Experiment 2 also provided us with pilot data on cross-cultural differences on sex attribution. In order to test whether the results obtained in Experiment 1 were due to the Western cultural context on gender representation, in the second study Chinese students were recruited. All results substantially replicate those of Experiment 1. Although only first-time students moving to the West with very basic knowledge of English and almost no knowledge of Italian language were selected, nevertheless we cannot claim that they were representative of a Chinese cultural purity. In a globalized world, and particularly among the millennial generation, Western cultural influences extend to and inform Chinese young people in several ways (e.g. through the Internet) just as Chou26 argued in his book on homosexuality. Certainly, this phenomenon was known to us even before we conducted Experiment 2. But this pilot result prompts us to investigate further (e.g. with more extensive cross-cultural comparison) how far the absence of differences in sex attribution is due to a globalization of gender attitudes and stereotypes or to metacultural determinants. In other words, comparing different cultures allows us to investigate whether the process of sex attribution can be ascribed more to human universals14,27—that is, to the effect of evolved psychological mechanisms—rather than to the influence of memes. The fact that the young Chinese participants behaved similarly to those of the two Italian samples in attributing sex to stimuli from Western human models allows us to infer that the psychological mechanism of sex recognition may be metacultural and precede any form of ethnic differentiation. In the Pleistocene, our ancestors must have already been able to reliably proceed, being adaptively successful in recognizing the sex of conspecifics despite the individual phenotypic variation. We do not have a recognition mechanism that can differentiate a chicken from a hen, because it is not essential to our fitness. But we certainly needed to know how to discriminate the sex of a Neanderthal, Denisovans, or Homo sapiens before any ethnic (cultural) differentiation28. Another limitation of Experiment 2 is related to the fact that the results were based on a small-scale sample, not generalizable to be representative of another culture (Chinese); nevertheless they encourage us to continue our cross-cultural research.
Overall, the study supports the assumption that thinking a person is a male rather than a female is more likely and quicker, ceteris paribus, because maximizing male sex attribution reduces the risk of a false negative. We read these results not by limiting ourselves to an ethnomethodological perspective, as Kessler and McKenna did in the 1970s, but by integrating this with assumptions from evolutionary psychology and cognitive science, according to an Integrated Causal Model stating that “the distinction between the biologically determined and the nonbiologically determined can be seen to be a nondistinction”29.
The adaptive strategy, evolved in a psychological architecture of mind, neither excludes nor minimizes the cultural gender construction. Human minds and behavior, human artifacts and culture are.
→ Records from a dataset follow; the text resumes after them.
-- ===== src/Cli/Outcomes.antt =====
-- bin/tracey_mctraceface_main.cpp: how a run can end.
use tracey_mctraceface.Base.{
  ℕ, ◌≡◌, refl, sym, subst, ◌⊎◌, inl, inr, Bool, true, false, List, [], ◌∷◌, ◌++◌, Bytes, codes,
  if◌then◌else◌,
}
use tracey_mctraceface.Base.Outcome.{Result, ok, throws, continue, ok-throws, pure, ◌>>=◌, ◌>>◌}
use tracey_mctraceface.Filter.{Config}
use tracey_mctraceface.Cli.{say, perform, Effect, says, World, new_world, Run, Json, System}
use tracey_mctraceface.Cli.Record.{Paths}
use tracey_mctraceface.Cli.Decode.{decode_perf_data}
use tracey_mctraceface.Cli.Commands.{
  decode_or_save, run_run, attach_to, attach_any, run_attach, run_decode, dispatch, run, caught,
}

-- The last effect of the run is a line that begins with "error: ".
abbrev pub SaysError : World → Type 0
SaysError w =
    (before : List Effect) × (reason : Bytes) × (w.effects
      ≡ before ++ says (codes "error: " ++ reason) ∷ [])

-- What has returned has returned 0, or 1 behind an error line.
abbrev pub IsAnnounced : Result ℕ × World → Type 0
IsAnnounced (throws e, w) = Unit
IsAnnounced (ok code, w) = (code ≡ 0) ⊎ ((code ≡ 1) × SaysError w)

record Announces (m : Run ℕ) : Type 0 where
  at : (w : World) → IsAnnounced (m w)

Announces-zero : Announces (pure 0)
unfolding pure
Announces-zero = record { at = λ w. inl refl }

Announces-error : (reason : Bytes) → Announces (say (codes "error: " ++ reason) >> pure 1)
unfolding ◌>>=◌ say perform pure
Announces-error reason = record { at = λ w. inr (refl, (w.effects, reason, refl)) }

Announces-if : (b : Bool) (m n : Run ℕ) → Announces m → Announces n → Announces (if b then m else n)
Announces-if true m n km kn = km
Announces-if false m n km kn = kn

Announces-bind :
    {A : Type 0} (m : Run A) (f : A → Run ℕ) → ((a : A) → Announces (f a)) → Announces (m >>= f)
unfolding ◌>>=◌
Announces-bind {A} m f kf = record { at = λ w. after (m w) }
  where
    after : (p : Result A × World) → IsAnnounced (continue f p)
    after (ok a, w) = (kf a).at w
    after (throws e, w) = tt

ruleset announced_rules = (Announces-zero, Announces-error, Announces-if, Announces-bind)

-- What returns nothing but 0.
record ReturnsZero (m : Run ℕ) : Type 0 where
  at : (w : World) (code : ℕ) → (m w).0 ≡ ok code → code ≡ 0

ReturnsZero-zero : ReturnsZero (pure 0)
unfolding pure
ReturnsZero-zero = record { at = λ w code h. cc }

ReturnsZero-bind :
    {A : Type 0} (m : Run A) (f : A → Run ℕ) → ((a : A) → ReturnsZero (f a)) → ReturnsZero (m >>= f)
unfolding ◌>>=◌
ReturnsZero-bind {A} m f kf = record { at = λ w. after (m w) }
  where
    after : (p : Result A × World) (code : ℕ) → (continue f p).0 ≡ ok code → code ≡ 0
    after (ok a, w) code h = (kf a).at w code h
    after (throws e, w) code h = absurd (ok-throws (sym h))

ruleset zero_rules = (ReturnsZero-zero, ReturnsZero-bind)

Announces-after :
    (m : Run ℕ) (f : ℕ → Run ℕ) → ReturnsZero m → Announces (f 0) → Announces (m >>= f)
unfolding ◌>>=◌
Announces-after m f zero_only kf = record { at = λ w. after (m w) (zero_only.at w) }
  where
    after :
        (p : Result ℕ × World)
        → ((code : ℕ) → p.0 ≡ ok code → code ≡ 0)
        → IsAnnounced (continue f p)
    after (ok code, w) h = subst (λ c. IsAnnounced (f c w)) (sym (h code refl)) (kf.at w)
    after (throws e, w) h = tt

decode-ReturnsZero :
    (sys : System) (working_dir output : Bytes) (sampling : Bool) (config : Config)
    → ReturnsZero (decode_perf_data sys working_dir output sampling config)
unfolding decode_perf_data
decode-ReturnsZero sys working_dir output sampling config = search zero_rules depth 20

module _ (j : Json) (sys : System) where
  open j use {Value}

  decode_or_save-Announces :
      (sub : Value) (no_decode sampling : Bool) (paths : Paths) (output : Bytes)
      → Announces (decode_or_save j sys sub no_decode sampling paths output)
  unfolding decode_or_save
  decode_or_save-Announces sub no_decode sampling paths output =
      search (announced_rules, Announces-after, decode-ReturnsZero) depth 20

  run_run-Announces : (config : Value) → Announces (run_run j sys config)
  unfolding run_run
  run_run-Announces config = search (announced_rules, decode_or_save-Announces) depth 30

  attach_any-Announces :
      (sub : Value) (pid_str output : Bytes) (pids : List Bytes)
      → Announces (attach_any j sys sub pid_str output pids)
  unfolding attach_to
  attach_any-Announces sub pid_str output [] = Announces-error (codes "no PIDs specified")
  attach_any-Announces sub pid_str output (pid ∷ pids) =
      search (announced_rules, decode_or_save-Announces) depth 30

  run_attach-Announces : (config : Value) → Announces (run_attach j sys config)
  unfolding run_attach
  run_attach-Announces config = search (announced_rules, attach_any-Announces) depth 20

  run_decode-ReturnsZero : (config : Value) → Announces (run_decode j sys config)
  unfolding run_decode
  run_decode-ReturnsZero config =
      search (announced_rules, Announces-after, decode-ReturnsZero) depth 30

  dispatch-Announces : (config : Value) → Announces (dispatch j sys config)
  unfolding dispatch
  dispatch-Announces config =
      search (announced_rules, run_run-Announces, run_attach-Announces, run_decode-ReturnsZero)
        depth 20

  caught-error :
      (p : Result ℕ × World)
      → IsAnnounced p
      → let (code, w) = caught j sys p in (code ≡ 0) ⊎ ((code ≡ 1) × SaysError w)
  caught-error (ok code, w) h = h
  caught-error (throws e, w) h = inr (refl, (w.effects, e, refl))

  -- Whatever the settings are and whatever the system answers, a run of the program ends without an
  -- exception, and its exit code is 0, or 1 with an error line as the last thing that it does.
  pub run_ends :
      (config : Value) → let (code, w) = run j sys config in (code ≡ 0) ⊎ ((code ≡ 1) × SaysError w)
  unfolding run
  run_ends config = caught-error _ ((dispatch-Announces config).at new_world)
all biological phenomena—aspects of the phenotypes of humans and their relationships with one another. The rich complexity of each individual is produced by a cognitive architecture, embodied in a physiological system, which interacts with the social and non-social world that surrounds it29.
This suggests that Kessler and McKenna’s15 argument from a constructionist point of view that “‘[sex] assignment’ and ‘gender construction’ may be synonymous”15 does not contradict the biological outlook according to psychological adaptive mechanisms evolved to respond to specific problems raised by the environment affecting human sex attribution. The fact that, in a phallocentric culture, a penis makes somebody more often a male person rather than a female one does not negate the fact that these cultural constructions were guided by an adapted mind1. There is no doubt that, in patriarchal cultures, the female role is derived from the space left free by the male role, though still under patriarchal control. So we can read biological cues as cultural: “the only sign of femaleness is an absence of male cues”15. However, this does not contradict that what culture has expressed, strengthened, sedimented, socially stratified, and handed down through cultural products and memes may have evolved from cognitive processes that have guaranteed human survival30,31,32,33,34. In case of ambiguity or complexity in the detection of sex cues, a cognitive bias has saved humans from a risky encounter with an aggressive male24,35,36. Cultural contents (e.g. phallocentrism, patriarchalism, androcentrism, etc.) cannot precede those psychological mechanisms that had produced them. This is not to say that culture only echoes mental contents. Alexander37 summarizes this point well as follows: “I have not suggested that culture precisely tracks the interests of the genes—obviously this is not true—but that, in historical terms, it does so much more closely than we might have imagined” (p. 142).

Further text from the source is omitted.